TASK GOAL | Only these lines of the data below are wanted: the one with "-- One byte", the one with "(back, unescaped r e))", and any lines between them, each repeated exactly.
---+---
-- ===== src/Link/Reader/Bytes.antt =====
-- What the bytes of a frame do to the receiver, one after the other.
use dm_matter_zigbee_bridge.Prelude.{
  ℕ, suc, ◌+◌, ◌*◌, ◌%◌, ◌≤◌, ◌<◌, bit_xor, Bool, true, false, List, [], ◌∷◌, ◌++◌, ◌≡◌, refl, ◌∙◌,
  arith, append_assoc, append-nil, length, length-set, take, take-set, set, ltb, lt→ltb, le→ltb,
  eq→==, if◌then◌else◌, Bool-cases, inl, inr, ltb→lt, Run, done, fault, spin, ◌>>=◌,
}
use dm_matter_zigbee_bridge.Prelude.Bits.{bit_xor_sixteen}
use dm_matter_zigbee_bridge.Link.{start_char, esc_char, end_char, SlStatus, ok}
use dm_matter_zigbee_bridge.Link.Frame.{low_byte, high_byte, calculate_crc}
use dm_matter_zigbee_bridge.Link.Frame.Layout.{escaped, escaped_all, header}
use dm_matter_zigbee_bridge.Link.Reader.{
  RxState, wait_start, wait_type_msb, wait_type_lsb, wait_len_msb, wait_len_lsb, wait_crc,
  wait_data, Rx, accept, rx_end, rx_default, rx_byte, read_message,
}

-- The receiver goes on with the rest of the bytes.
abbrev go_on : ℕ → List ℕ → Run Rx → Run (SlStatus × Rx × List ℕ)
go_on max rest p = p >>= λ r. read_message max r rest

unescaped : (r : Rx) → r.in_esc ≡ false → record r { in_esc = false } ≡ r
unescaped r e = ground arith

bind_more :
    (max : ℕ) (rest : List ℕ) (p : Run Rx)
    → ◌>>=◌ {A = Bool × Rx}
        (p >>= λ r'. done (false, r'))
        (λ q. elim q.0 [ true ↦ done (ok, q.1, rest) | false ↦ read_message max q.1 rest ])
      ≡ go_on max rest p
bind_more max rest (done r) = refl
bind_more max rest fault = refl
bind_more max rest spin = refl

-- A byte from 16 on is none of the three special characters.
rx_byte-default : (max b : ℕ) (r : Rx) → 16 ≤ b → rx_byte max b r ≡ rx_default max b r
unfolding rx_byte
rx_byte-default max b r h = ground arith

read_message-default :
    (max b : ℕ) (r : Rx) (rest : List ℕ)
    → 16 ≤ b
    → read_message max r (b ∷ rest)
      ≡ go_on max rest
          (accept max r.state (if r.in_esc then bit_xor b 16 else b) (record r { in_esc = false }))
unfolding read_message rx_default
read_message-default max b r rest h = rw (rx_byte-default max b r h) (bind_more max rest _)

read_message-esc :
    (max : ℕ) (r : Rx) (rest : List ℕ)
    → read_message max r (esc_char ∷ rest) ≡ read_message max (record r { in_esc = true }) rest
unfolding read_message rx_byte
read_message-esc max r rest = refl

-- One byte on the wire, escaped or not, is one byte for the state machine.
read_message-escaped :
    (max b : ℕ) (r : Rx) (rest : List ℕ)
    → r.in_esc ≡ false
    → read_message max r (escaped b ++ rest) ≡ go_on max rest (accept max r.state b r)
unfolding escaped
read_message-escaped max b r rest e = elim (Bool-cases (ltb b 16)) [
  | inl low ↦
      let (there, back) = bit_xor_sixteen b (ltb→lt b 16 low) in
      rw (low, there)
        (read_message-esc max r ((b + 16) ∷ rest)
          ∙ read_message-default max (b + 16) (record r { in_esc = true }) rest (omega arith)
          ∙ rw (back, unescaped r e))
  | inr high ↦ rw high (read_message-default max b r rest (ground arith) ∙ rw (e, unescaped r e))
]

-- The payload's bytes, stored one behind the other.
pub stored : List ℕ → Rx → Rx
stored [] r = r
stored (x ∷ xs) r = stored xs (record r { message = set r.message r.count x; count = r.count + 1 })

accept-data :
    (max x : ℕ) (s : RxState) (r : Rx)
    → s ≡ wait_data
    → r.count < r.len
    → r.len ≤ length r.message
    → r.len < 65536
    → accept max s x r ≡ done (record r { message = set r.message r.count x; count = r.count + 1 })
unfolding accept
accept-data max x s r e c l w = rw e (ground arith)

pub read_message-payload :
    (max : ℕ) (xs : List ℕ) (r : Rx) (rest : List ℕ)
    → r.in_esc ≡ false
    → r.state ≡ wait_data
    → r.count + length xs ≤ r.len
    → r.len ≤ length r.message
    → r.len < 65536
    → read_message max r (escaped_all xs ++ rest) ≡ read_message max (stored xs r) rest
unfolding stored escaped_all
read_message-payload max [] r rest e s c l w = refl
read_message-payload max (x ∷ xs) r rest e s c l w =
    let r' : Rx = record r { message = set r.message r.count x; count = r.count + 1 } in
    let fits = length-set r.message r.count x in
    let ih = read_message-payload max xs r' rest e s (omega arith) (omega arith) w in
    rw append_assoc (
      read_message-escaped max x r (escaped_all xs ++ rest) e
      ∙ rw (accept-data max x r.state r s (omega arith) l w) ih)

pub record Stored (xs : List ℕ) (r q : Rx) : Type 0 where
  pub same_state : q.state ≡ r.state
  pub same_crc : q.crc ≡ r.crc
  pub same_type : q.type ≡ r.type
  pub same_len : q.len ≡ r.len
  pub same_room : length q.message ≡ length r.message
  pub content : take (r.count + length xs) q.message ≡ take r.count r.message ++ xs

pub stored-Stored :
    (xs : List ℕ) (r : Rx) → r.count + length xs ≤ length r.message → Stored xs r (stored xs r)
unfolding stored
stored-Stored [] r h = record {
  same_state = refl;
  same_crc = refl;
  same_type = refl;
  same_len = refl;
  same_room = refl;
  content = let z : r.count + 0 ≡ r.count = omega arith in rw (z, append-nil);
}
stored-Stored (x ∷ xs) r h =
    let r' : Rx = record r { message = set r.message r.count x; count = r.count + 1 } in
    let fits = length-set r.message r.count x in
    let ih = stored-Stored xs r' (omega arith) in
    record {
      same_state = ih.same_state;
      same_crc = ih.same_crc;
      same_type = ih.same_type;
      same_len = ih.same_len;
      same_room = ih.same_room ∙ fits;
      content =
          let shift : r.count + suc (length xs) ≡ r.count + 1 + length xs = omega arith in
          let next : r.count + 1 ≡ suc r.count = omega arith in
          let written = take-set r.count r.message x (omega arith) in
          rw shift (ih.content ∙ rw (next, written, append_assoc));
    }

-- The receiver after START, type, length and checksum.
abbrev pub headed : Rx → ℕ → ℕ → ℕ → Rx
headed r type len crc = record r {
  state = wait_data;
  crc = crc;
  count = 0;
  in_esc = false;
  type = type;
  len = len;
}

read_message-start :
    (max : ℕ) (r : Rx) (rest : List ℕ)
    → read_message max r (start_char ∷ rest)
      ≡ read_message max (record r { count = 0; in_esc = false; state = wait_type_msb }) rest
unfolding read_message rx_byte
read_message-start max r rest = refl

sixteen_bits : (x : ℕ) → x < 65536 → (high_byte x * 256 % 65536 + low_byte x) % 65536 ≡ x
sixteen_bits x h = omega arith

pub read_message-header :
    (max type len crc : ℕ) (r : Rx) (rest : List ℕ)
    → type < 65536
    → len < 65536
    → len ≤ max
    → read_message max r (start_char ∷ (escaped_all (header type len crc) ++ rest))
      ≡ read_message max (headed r type len crc) rest
unfolding escaped_all accept
read_message-header max type len crc r rest ht hl le =
    let r1 : Rx = record r { count = 0; in_esc = false; state = wait_type_msb } in
    let r2 : Rx = record r1 { type = high_byte type * 256 % 65536; state = wait_type_lsb } in
    let r3 : Rx = record r1 { type = type; state = wait_len_msb } in
    let r4 : Rx = record r3 { len = high_byte len * 256 % 65536; state = wait_len_lsb } in
    let r5 : Rx = record r3 { len = len; state = wait_crc } in
    read_message-start max r _
    ∙ simp append_assoc (
        read_message-escaped max (high_byte type) r1 _ refl
        ∙ read_message-escaped max (low_byte type) r2 _ refl
        ∙ rw (sixteen_bits type ht) (
            read_message-escaped max (high_byte len) r3 _ refl
            ∙ read_message-escaped max (low_byte len) r4 _ refl
            ∙ rw (sixteen_bits len hl, le→ltb max len le) (read_message-escaped max crc r5 _ refl)))

pub read_message-end :
    (max : ℕ) (q : Rx) (rest : List ℕ)
    → q.len < max
    → calculate_crc q.type q.len q.message ≡ done q.crc
    → read_message max q (end_char ∷ rest) ≡ done (ok, record q { state = wait_start }, rest)
unfolding read_message rx_byte rx_end
read_message-end max q rest lt e = rw (lt→ltb q.len max lt, e, eq→== q.crc q.crc refl)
---+---
REPLY |
-- One byte on the wire, escaped or not, is one byte for the state machine.
read_message-escaped :
    (max b : ℕ) (r : Rx) (rest : List ℕ)
    → r.in_esc ≡ false
    → read_message max r (escaped b ++ rest) ≡ go_on max rest (accept max r.state b r)
unfolding escaped
read_message-escaped max b r rest e = elim (Bool-cases (ltb b 16)) [
  | inl low ↦
      let (there, back) = bit_xor_sixteen b (ltb→lt b 16 low) in
      rw (low, there)
        (read_message-esc max r ((b + 16) ∷ rest)
          ∙ read_message-default max (b + 16) (record r { in_esc = true }) rest (omega arith)
          ∙ rw (back, unescaped r e))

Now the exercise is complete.